Deploymentが更新されると新しいReplicaSetが作成されたり、DaemonSetリソースを作成すると条件にマッチするPodが作成されるのは、このコンポーネントのおかげです。
一般的にKubernetesのコントローラはkube-apiserverへ都度リソースを取得するのではなく、できる限りキャッシュを利用することで負荷を下げる実装をしています。
kube-controller-managerのように複数のコントローラを一つのコンポーネントにまとめることで、同じキャッシュを使い回すことができます。
主なカスタムコントローラを実装するためのライブラリでもこのような実装が可能となっています。
kube-scheduler
Podリソースを作成したとき、Podが動作するノードを決定するコントローラです。
各ノードのリソースの空き状況を確認し、最も適切と考えられるノードへ配置します。
具体的にはPodの .spec.nodeName を埋めるものです。この値を埋めるだけで、実際にPodを起動するコンポーネントではありません。
kubelet
各ノードで実行されており、実際にPodをコンテナランタイムを通して起動するコントローラです。

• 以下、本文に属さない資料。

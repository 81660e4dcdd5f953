-- ===== src/Proxy/CacheExamples.antt =====
-- The cache's theorems at concrete inputs, and runs of the code.
use proxy_manager.Prelude.{
  ◌≡◌, refl, ◌↔◌, ◌<◌, true, false, [], ◌∷◌, none, some, nat_eq, bytes_eq, codes, arith, ◌==◌,
}
use proxy_manager.Proxy.Cache.{
  CacheEntry, ResponseCache, new_response_cache, get, put, over_bounds, store_entry, begin_fill,
}
use proxy_manager.Proxy.Cache.Invariant.{IsSound}
use proxy_manager.Proxy.Cache.Bounds.{IsBounded, put-IsBounded}
use proxy_manager.Proxy.Cache.Reads.{get-some_iff, get-put}
use proxy_manager.Proxy.Cache.Fills.{fresh, claimed, IsClaimed, fills-IsClaimed}
use proxy_manager.Prelude.Assoc.{lookup}
use proxy_manager.Proxy.CacheFlow.{answered, serve_resume, serve_finish}
use proxy_manager.Proxy.CacheFlow.Served.{serve_finish-serves_waiters}
use proxy_manager.Proxy.Cacheable.{
  cache_key, normalize_accept_encoding, codings_of, is_known_coding, coding_dropped,
}
use proxy_manager.Proxy.Cacheable.Keys.{cache_key_unique}
use proxy_manager.Proxy.Recorder.{CacheRecorder, new_writer, miss, new_recorder, entry}
use proxy_manager.Proxy.Recorder.Whole.{status_call, bytes_call, calls, IsWhole, recorder-IsWhole}

abbrev page : CacheEntry
page = record { status = 200; header = []; body = codes "hello"; stored_at = 10 }

abbrev one_page : ResponseCache
one_page = record {
  ttl = 60;
  entries = (codes "k", page) ∷ [];
  inflight = [];
  bytes = 5;
  next_fill = 0;
}

one_page-IsSound : IsSound one_page
one_page-IsSound = record { counted = refl; single = (refl, tt) }

put-IsBounded_example :
    (c' : ResponseCache) × (put (codes "k") page 20 one_page ≡ some c') × IsBounded c'
put-IsBounded_example = put-IsBounded (codes "k") page 20 one_page one_page-IsSound

get-some_iff_example :
    ((get (codes "k") 69 one_page).0 ≡ some page) ↔ ((some page ≡ some page) × (69 < 70))
get-some_iff_example = get-some_iff (codes "k") 69 one_page page

get-put_example :
    (c' : ResponseCache) × (put (codes "k") page 20 one_page ≡ some c')
    × ((get (codes "j") 30 c').0 ≡ none)
unfolding get over_bounds store_entry
get-put_example = get-put (codes "k") (codes "j") page 20 30 one_page refl (omega arith)

fills-IsClaimed_example :
    IsClaimed (begin_fill (codes "k") (new_response_cache 60)).1 ((codes "k", 0) ∷ [])
unfolding begin_fill new_response_cache
fills-IsClaimed_example =
    fills-IsClaimed
      (claimed (codes "k") 0 (begin_fill (codes "k") (new_response_cache 60)).1 (fresh 60) refl)

cache_key_unique_example :
    (codes "h" ≡ codes "h")
    × (codes "/" ≡ codes "/")
    × (codes "q" ≡ codes "q")
    × (normalize_accept_encoding (λ q. q == codes "0") (codes "br, gzip")
        ≡ normalize_accept_encoding (λ q. q == codes "0") (codes "gzip;q=1, br"))
unfolding cache_key normalize_accept_encoding codings_of is_known_coding coding_dropped
cache_key_unique_example =
    cache_key_unique (λ q. q == codes "0") (codes "h") (codes "/") (codes "q") (codes "br, gzip")
      (codes "h") (codes "/") (codes "q") (codes "gzip;q=1, br") ((λ e. cc), tt) ((λ e. cc), tt)
      ((λ e. cc), tt) ((λ e. cc), tt) ((λ e. cc), tt) ((λ e. cc), tt) refl

abbrev streamed : CacheEntry
streamed = record page { header = []; body = codes "ab"; stored_at = 5 }

recorder-IsWhole_example :
    ((calls
        (status_call 200 ∷ bytes_call (codes "ab") ∷ [])
        (new_recorder miss true, new_writer [])).1.sent
      ≡ codes "ab")
    × ((calls
          (status_call 200 ∷ bytes_call (codes "ab") ∷ [])
          (new_recorder miss true, new_writer [])).1.statuses
        ≡ 200 ∷ [])
    × (entry 5
            (calls
              (status_call 200 ∷ bytes_call (codes "ab") ∷ [])
              (new_recorder miss true, new_writer [])).0
          ≡ some streamed
        → IsWhole miss [] (status_call 200 ∷ bytes_call (codes "ab") ∷ []) streamed)
recorder-IsWhole_example =
    recorder-IsWhole miss true [] (status_call 200 ∷ bytes_call (codes "ab") ∷ []) 5 streamed

-- A recorder that took in a whole response.
abbrev recorded_page : CacheRecorder
recorded_page = record {
  mode = miss;
  recording = true;
  wrote_header = true;
  status = 200;
  storable = true;
  header = [];
  buf = codes "ab";
  overflow = false;
  declared_len = some 2;
}

abbrev awaited : ResponseCache
awaited = record one_page { inflight = (codes "j", 0) ∷ []; next_fill = 1 }

serve_finish-serves_waiters_example :
    (c1 : ResponseCache) × (c2 : ResponseCache) × (serve_finish
        (some 0)
        true
        (codes "j")
        5
        recorded_page
        awaited
      ≡ some (c1 ∷ c2 ∷ []))
    × ((serve_resume (codes "j") 6 c1).0 ≡ answered streamed)
    × (lookup (codes "j") c1.inflight ≡ some 0)
    × ((serve_resume (codes "j") 6 c2).0 ≡ answered streamed)
    × (lookup (codes "j") c2.inflight ≡ none)
    × (c3 : ResponseCache) × (serve_finish (some 0) false (codes "j") 5 recorded_page awaited
        ≡ some (awaited ∷ c3 ∷ []))
    × (c3.entries ≡ one_page.entries)
    × (lookup (codes "j") c3.inflight ≡ none)
unfolding entry over_bounds store_entry
serve_finish-serves_waiters_example =
    serve_finish-serves_waiters (codes "j") 0 5 6 recorded_page streamed awaited refl refl refl
      (omega arith)
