-- ===== src/Proxy/Pick.antt =====
-- cmd/proxy/router.go: weighted round robin over the eligible backends of a group, the local tier
-- before the learned one, one pool for a spread group, and the panic mode that ignores probes.
pub mod Pool
pub mod Sound
pub mod Rotation
pub mod Fair
pub mod Effect
use proxy_manager.Prelude.{
  ℕ, suc, ◌+◌, ◌-◌, ◌%◌, ◌^◌, max, Bool, true, false, not, ◌&&◌, ◌||◌, List, [], ◌∷◌, ◌++◌, Option,
  none, some, ltb, ◌==◌, if◌then◌else◌, length, get_elem?, replicate, contains, find?, Bytes,
  nat_eq, bool_eq, bytes_eq,
}
use proxy_manager.Proxy.Backend.{Backend, Variant, excluded_from, in_variant}
use proxy_manager.Proxy.Group.{RouteGroup}

-- The result of a selection: nil, a backend, or an index out of range.
pub data Pick : Type 0 where
  nobody : Pick
  chosen : Backend → Pick
  panics : Pick

-- int(cursor) % n for a uint64 cursor: from 2^63 on the int is negative, and so is the remainder
-- unless it is 0.
unfoldable pub pool_index : ℕ → ℕ → Option ℕ
pool_index cursor n =
    if ltb cursor (2 ^ 63)
    then some (cursor % n)
    else if (2 ^ 64 - cursor) % n == 0
    then some 0
    else none

unfoldable pub index_pool : Option ℕ → List Backend → Pick
index_pool none pool = panics
index_pool (some i) pool = elim (get_elem? pool i) [ none ↦ panics | some b ↦ chosen b ]

-- The cursor moves only if there is a candidate.
unfoldable pub pick_from : List Backend → RouteGroup → Pick × RouteGroup
unfolding pool_index index_pool
pick_from [] g = (nobody, g)
pick_from (b ∷ bs) g = (
  index_pool (pool_index g.cursor (length (b ∷ bs))) (b ∷ bs),
  record g { cursor = (g.cursor + 1) % 2 ^ 64 },
)

-- `w := b.Weight; if w < 1 { w = 1 }`
unfoldable pub weight_floor : Backend → ℕ
weight_floor b = if ltb b.weight 1 then 1 else b.weight

-- Each backend that passes stands in the pool as often as its weight says, at least once.
unfoldable pub weighted_pool : (Backend → Bool) → List Backend → List Backend
weighted_pool keep [] = []
weighted_pool keep (b ∷ bs) =
    let rest = weighted_pool keep bs in
    if keep b then replicate (weight_floor b) b ++ rest else rest

unfoldable pub in_pool : List ℕ → Bool → Option Variant → Backend → Bool
in_pool skip ignore_health variant b =
    not (contains skip b.ref || not (in_variant variant b) || excluded_from ignore_health b)

unfoldable pub in_tier : List ℕ → Bool → Bool → Option Variant → Backend → Bool
in_tier skip want_learned ignore_health variant b = not (
    contains skip b.ref
    || not (b.learned == want_learned)
    || not (in_variant variant b)
    || excluded_from ignore_health b)

unfoldable pub pick_pool : List ℕ → Bool → Option Variant → RouteGroup → Pick × RouteGroup
pick_pool skip ignore_health variant g =
    pick_from (weighted_pool (in_pool skip ignore_health variant) g.backends) g

unfoldable pub pick_tier : List ℕ → Bool → Bool → Option Variant → RouteGroup → Pick × RouteGroup
pick_tier skip want_learned ignore_health variant g =
    pick_from (weighted_pool (in_tier skip want_learned ignore_health variant) g.backends) g

-- `if b := ...; b != nil { return b }`, then the rest.
abbrev pub or_else : Pick × RouteGroup → (RouteGroup → Pick × RouteGroup) → Pick × RouteGroup
or_else (nobody, g) k = k g
or_else (chosen b, g) k = (chosen b, g)
or_else (panics, g) k = (panics, g)

-- What pickHealthy and pickAny share: they differ in whether the probes are read.
unfoldable pub pick_by : Bool → List ℕ → Bool → Option Variant → RouteGroup → Pick × RouteGroup
pick_by ignore_health skip allow_peer variant g =
    if g.spread && allow_peer
    then pick_pool skip ignore_health variant g
    else or_else (pick_tier skip false ignore_health variant g)
        λ g'. if allow_peer then pick_tier skip true ignore_health variant g' else (nobody, g')

unfoldable pub pick_healthy : List ℕ → Bool → Option Variant → RouteGroup → Pick × RouteGroup
unfolding pick_by
pick_healthy skip allow_peer variant g = pick_by false skip allow_peer variant g

unfoldable pub pick_any : List ℕ → Bool → Option Variant → RouteGroup → Pick × RouteGroup
unfolding pick_by
pick_any skip allow_peer variant g = pick_by true skip allow_peer variant g

unfoldable pub backend_by_sticky_id : Bytes → RouteGroup → Option Backend
backend_by_sticky_id id g = find? (λ b. b.sticky_id == id) g.backends
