-- ===== src/Proxy/Dispatch.antt =====
-- cmd/proxy/router.go: proxyToGroup, the backend loop of a request, with tryProxy, the backend's
-- error handler, the affinity cookie and the pages that end a request.
--
-- What a backend does with an attempt is the environment's `reply`. An attempt consumes the body.
-- Other requests do not change the group while this one runs, but Docker may drain the backend of
-- an attempt before it ends.
pub mod Loop
pub mod Attempts
pub mod Payload
pub mod Endings
use proxy_manager.Prelude.{
  ℕ, zero, suc, ◌+◌, ◌-◌, ◌*◌, Bool, true, false, not, ◌&&◌, ◌||◌, List, [], ◌∷◌, ◌++◌, Option,
  none, some, Bytes, codes, ltb, if◌then◌else◌, map, filter, has_prefix, nat_eq, ◌==◌,
}
use proxy_manager.Proxy.Backend.{Backend, Variant, healthy, mark_healthy}
use proxy_manager.Proxy.Group.{RouteGroup}
use proxy_manager.Proxy.Pick.{
  Pick, nobody, chosen, panics, or_else, pick_healthy, pick_any, backend_by_sticky_id,
}
use proxy_manager.Proxy.Body.{Body, Request, prepare_retry_body, rewind_body}

-- What `proxy.ServeHTTP` came to: it returned, with a response or after it reported one of the two
-- errors that newBackendErrorHandler tells apart, or it panicked with http.ErrAbortHandler, where a
-- response broke off that had begun.
pub data Failure : Type 0 where
  no_error : Failure
  client_canceled : Failure
  backend_error : Failure
  aborted : Failure

-- What came of one attempt: how ReverseProxy ended, whether any part of a response
-- was written, and whether the container got a stop signal meanwhile.
pub record Reply : Type 0 where
  pub failure : Failure
  pub wrote_header : Bool
  pub drained : Bool

-- The environment: the clock in nanoseconds, the digest of a route's identity as it stands in a
-- cookie's name, and the backends.
pub record World : Type 0 where
  pub now : ℕ
  pub digest : Bytes → Bytes
  pub reply : ℕ → Backend → Request → Reply

-- The effects of a request, the latest first.
pub data Event : Type 0 where
  set_backend : Bytes → Event
  attempted : Backend → Request → Event
  close_idle : ℕ → Event
  page : ℕ → ℕ → Event

pub record Exchange : Type 0 where
  pub group : RouteGroup
  pub request : Request
  pub tried : List ℕ
  pub set_cookies : List Bytes
  pub events : List Event

-- How the loop ends: on an attempt that settles the request, whatever its client got; with one of the
-- pages; or with a pick that panics.
pub data Ending : Type 0 where
  ended_on : Backend → Ending
  not_replayable : Backend → Ending
  unavailable : Ending
  crashed : Ending

abbrev pub max_retries : ℕ
max_retries = 3

abbrev pub transient_retry_after : ℕ
transient_retry_after = 5

abbrev panic_log_interval : ℕ
panic_log_interval = 30 * 1_000_000_000

-- serveUnavailableRetry and serveUnavailable: the status and the Retry-After of the page.
unfoldable pub serve_unavailable_retry : ℕ → ℕ → Exchange → Exchange
serve_unavailable_retry status retry_after s = record s {
  events = page status retry_after ∷ s.events;
}

unfoldable pub serve_unavailable : ℕ → Exchange → Exchange
unfolding serve_unavailable_retry
serve_unavailable status s = serve_unavailable_retry status 300 s

-- The throttle of the panic-mode log line.
unfoldable pub log_panic_once : ℕ → RouteGroup → RouteGroup
log_panic_once now g =
    if ltb (now - g.panic_log_at) panic_log_interval then g else record g { panic_log_at = now }

abbrev sticky_cookie_prefix : Bytes
sticky_cookie_prefix = codes "_pmgr_sticky_"

unfoldable pub sticky_cookie_name : World → RouteGroup → Bytes
sticky_cookie_name w g = sticky_cookie_prefix ++ w.digest (g.host ++ (codes "|" ++ g.path_prefix))

sticky_cookie_path : RouteGroup → Bytes
sticky_cookie_path g = elim g.path_prefix [ [] ↦ codes "/" | c ∷ cs ↦ c ∷ cs ]

-- The header value that http.SetCookie writes.
cookie_header : Bytes → Bytes → Bytes → Bytes
cookie_header name value path =
    (name ++ codes "=")
    ++ (value
        ++ (codes "; Path=" ++ (path ++ codes "; Max-Age=7200; HttpOnly; Secure; SameSite=Lax")))

unfoldable pub set_sticky_cookie : World → RouteGroup → Bytes → List Bytes → List Bytes
unfolding cookie_header sticky_cookie_path
set_sticky_cookie w g id existing =
    let name = sticky_cookie_name w g in
    filter (λ v. not (has_prefix v (name ++ codes "="))) existing
    ++ (cookie_header name id (sticky_cookie_path g) ∷ [])

update_backend : ℕ → (Backend → Backend) → RouteGroup → RouteGroup
update_backend ref f g = record g {
  backends = map (λ (b : Backend). if b.ref == ref then f b else b) g.backends;
}

-- newBackendErrorHandler: a departed client is not the backend's failure.
handle_error : Failure → Backend → Backend
handle_error backend_error b = mark_healthy false b
handle_error _ b = b

-- tryProxy's verdict. A panic leaves tryProxy and the loop, which ends the loop too.
pub attempt_done : Reply → Bool
attempt_done r = elim r.failure [
  | no_error ↦ true
  | aborted ↦ true
  | client_canceled ↦ true
  | backend_error ↦ r.wrote_header
]

pub close_idle_of : Bool → Option ℕ → List Event → List Event
close_idle_of true (some t) events = close_idle t ∷ events
close_idle_of _ _ events = events

-- Whether tryProxy goes on after `proxy.ServeHTTP`.
pub returns : Failure → Bool
returns aborted = false
returns _ = true

-- `proxy.ServeHTTP` and what it leaves of the request's body.
pub consumed : Request → Request
consumed r = elim r.body [
  | none ↦ r
  | some b ↦ record r { body = some (record b { remaining = [] }) }
]

unfoldable pub try_proxy : World → ℕ → Backend → Exchange → Exchange × Bool
unfolding update_backend handle_error attempt_done close_idle_of consumed returns
try_proxy w attempt b s =
    let r = w.reply attempt b s.request in
    (
      record s {
        group =
            update_backend b.ref
              (λ c. handle_error r.failure (record c { draining = c.draining || r.drained }))
              s.group;
        request = consumed s.request;
        events =
            close_idle_of (returns r.failure && (b.draining || r.drained)) b.transport
              (attempted b s.request ∷ s.events);
      },
      attempt_done r,
    )

abbrev is_empty {ℓ} : {A : Type ℓ} → List A → Bool
is_empty [] = true
is_empty (_ ∷ _) = false

-- The pin of an affinity cookie, if it is there and may be honoured.
pub pinned_backend : Bytes → RouteGroup → Option Backend
pinned_backend pin g = if is_empty pin then none else elim (backend_by_sticky_id pin g) [
  | none ↦ none
  | some b ↦ if healthy b && (not b.learned || g.spread) then some b else none
]

pub panic_pick : ℕ → Pick × RouteGroup → Pick × RouteGroup
panic_pick now (chosen b, g) = (chosen b, log_panic_once now g)
panic_pick now r = r

unfoldable pub choose_backend : World → Bool → Bytes → Exchange → Pick × RouteGroup
unfolding pinned_backend panic_pick
choose_backend w hopped pin s = elim (pinned_backend pin s.group) [
  | some b ↦ (chosen b, s.group)
  | none ↦
      or_else (pick_healthy s.tried (not hopped) none s.group)
        λ g. panic_pick w.now (pick_any s.tried (not hopped) none g)
]

-- One attempt on the backend chosen.
unfoldable pub attempt_backend : World → Bool → ℕ → Backend → Exchange → Exchange × Bool
attempt_backend w hopped attempt b s =
    let cookies =
      if s.group.sticky && not hopped
      then set_sticky_cookie w s.group b.sticky_id s.set_cookies
      else s.set_cookies in
    try_proxy w attempt b (record s {
      tried = b.ref ∷ s.tried;
      set_cookies = cookies;
      request = if ltb 0 attempt then rewind_body s.request else s.request;
      events = set_backend b.url ∷ s.events;
    })

-- The loop, with the rounds left and the attempt's number; the pin counts in the first round.
unfoldable pub retry_loop : World → Bool → Bool → ℕ → ℕ → Bytes → Exchange → Exchange × Ending
retry_loop w hopped retryable zero attempt pin s =
    (serve_unavailable_retry 503 transient_retry_after s, unavailable)
retry_loop w hopped retryable (suc left) attempt pin s =
    let (picked, g) = choose_backend w hopped pin s in
    elim picked [
      | nobody ↦
          (serve_unavailable_retry 503 transient_retry_after (record s { group = g }), unavailable)
      | panics ↦ (record s { group = g }, crashed)
      | chosen b ↦
          let (s', done) = attempt_backend w hopped attempt b (record s { group = g }) in
          elim done [
            | true ↦ (s', ended_on b)
            | false ↦ elim retryable [
              | true ↦ retry_loop w hopped retryable left (attempt + 1) [] s'
              | false ↦ (serve_unavailable 502 s', not_replayable b)
            ]
          ]
    ]

abbrev fresh_exchange : RouteGroup → Request → List Bytes → Exchange
fresh_exchange g req cookies = record {
  group = g;
  request = req;
  tried = [];
  set_cookies = cookies;
  events = [];
}

unfoldable pub proxy_to_group :
    World → Bool → Bytes → RouteGroup → Request → List Bytes → Exchange × Ending
proxy_to_group w hopped pin g req cookies =
    let (req', retryable) = prepare_retry_body req in
    retry_loop w hopped retryable max_retries 0 pin (fresh_exchange g req' cookies)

kube-schedulerが埋めてくれたPodの .spec.nodeName を見て、自分のノードであればPodを動かします。
kube-proxy
EndpointSliceリソースなどのリソースを見て、通信を制御するコントローラです。
例えばServiceのClusterIPに紐づくPodをどのような経路を通れば通信できるかなどをノードへ設定します。
最後に
Kubernetes自体が複数のコントローラにより成り立っていることを改めて確認していただけたかと思います。
あるコントローラが作成・編集したリソースを他のコントローラが見て何かアクションを発生させるなど、各コントローラ間でも連携が見られます。
このように一つのコントローラで全ての処理を実装するのではなく、1つのコントローラの責務が可能な限り小さくなるように作ることも、カスタムコントローラを開発する上でポイントとなります。
カスタムコントローラもKubernetesのコントローラと同じ作法で作成することとなるので、これらを頭の隅に入れておくことはカスタムコントローラを実装する上でも非常に役に立ちます。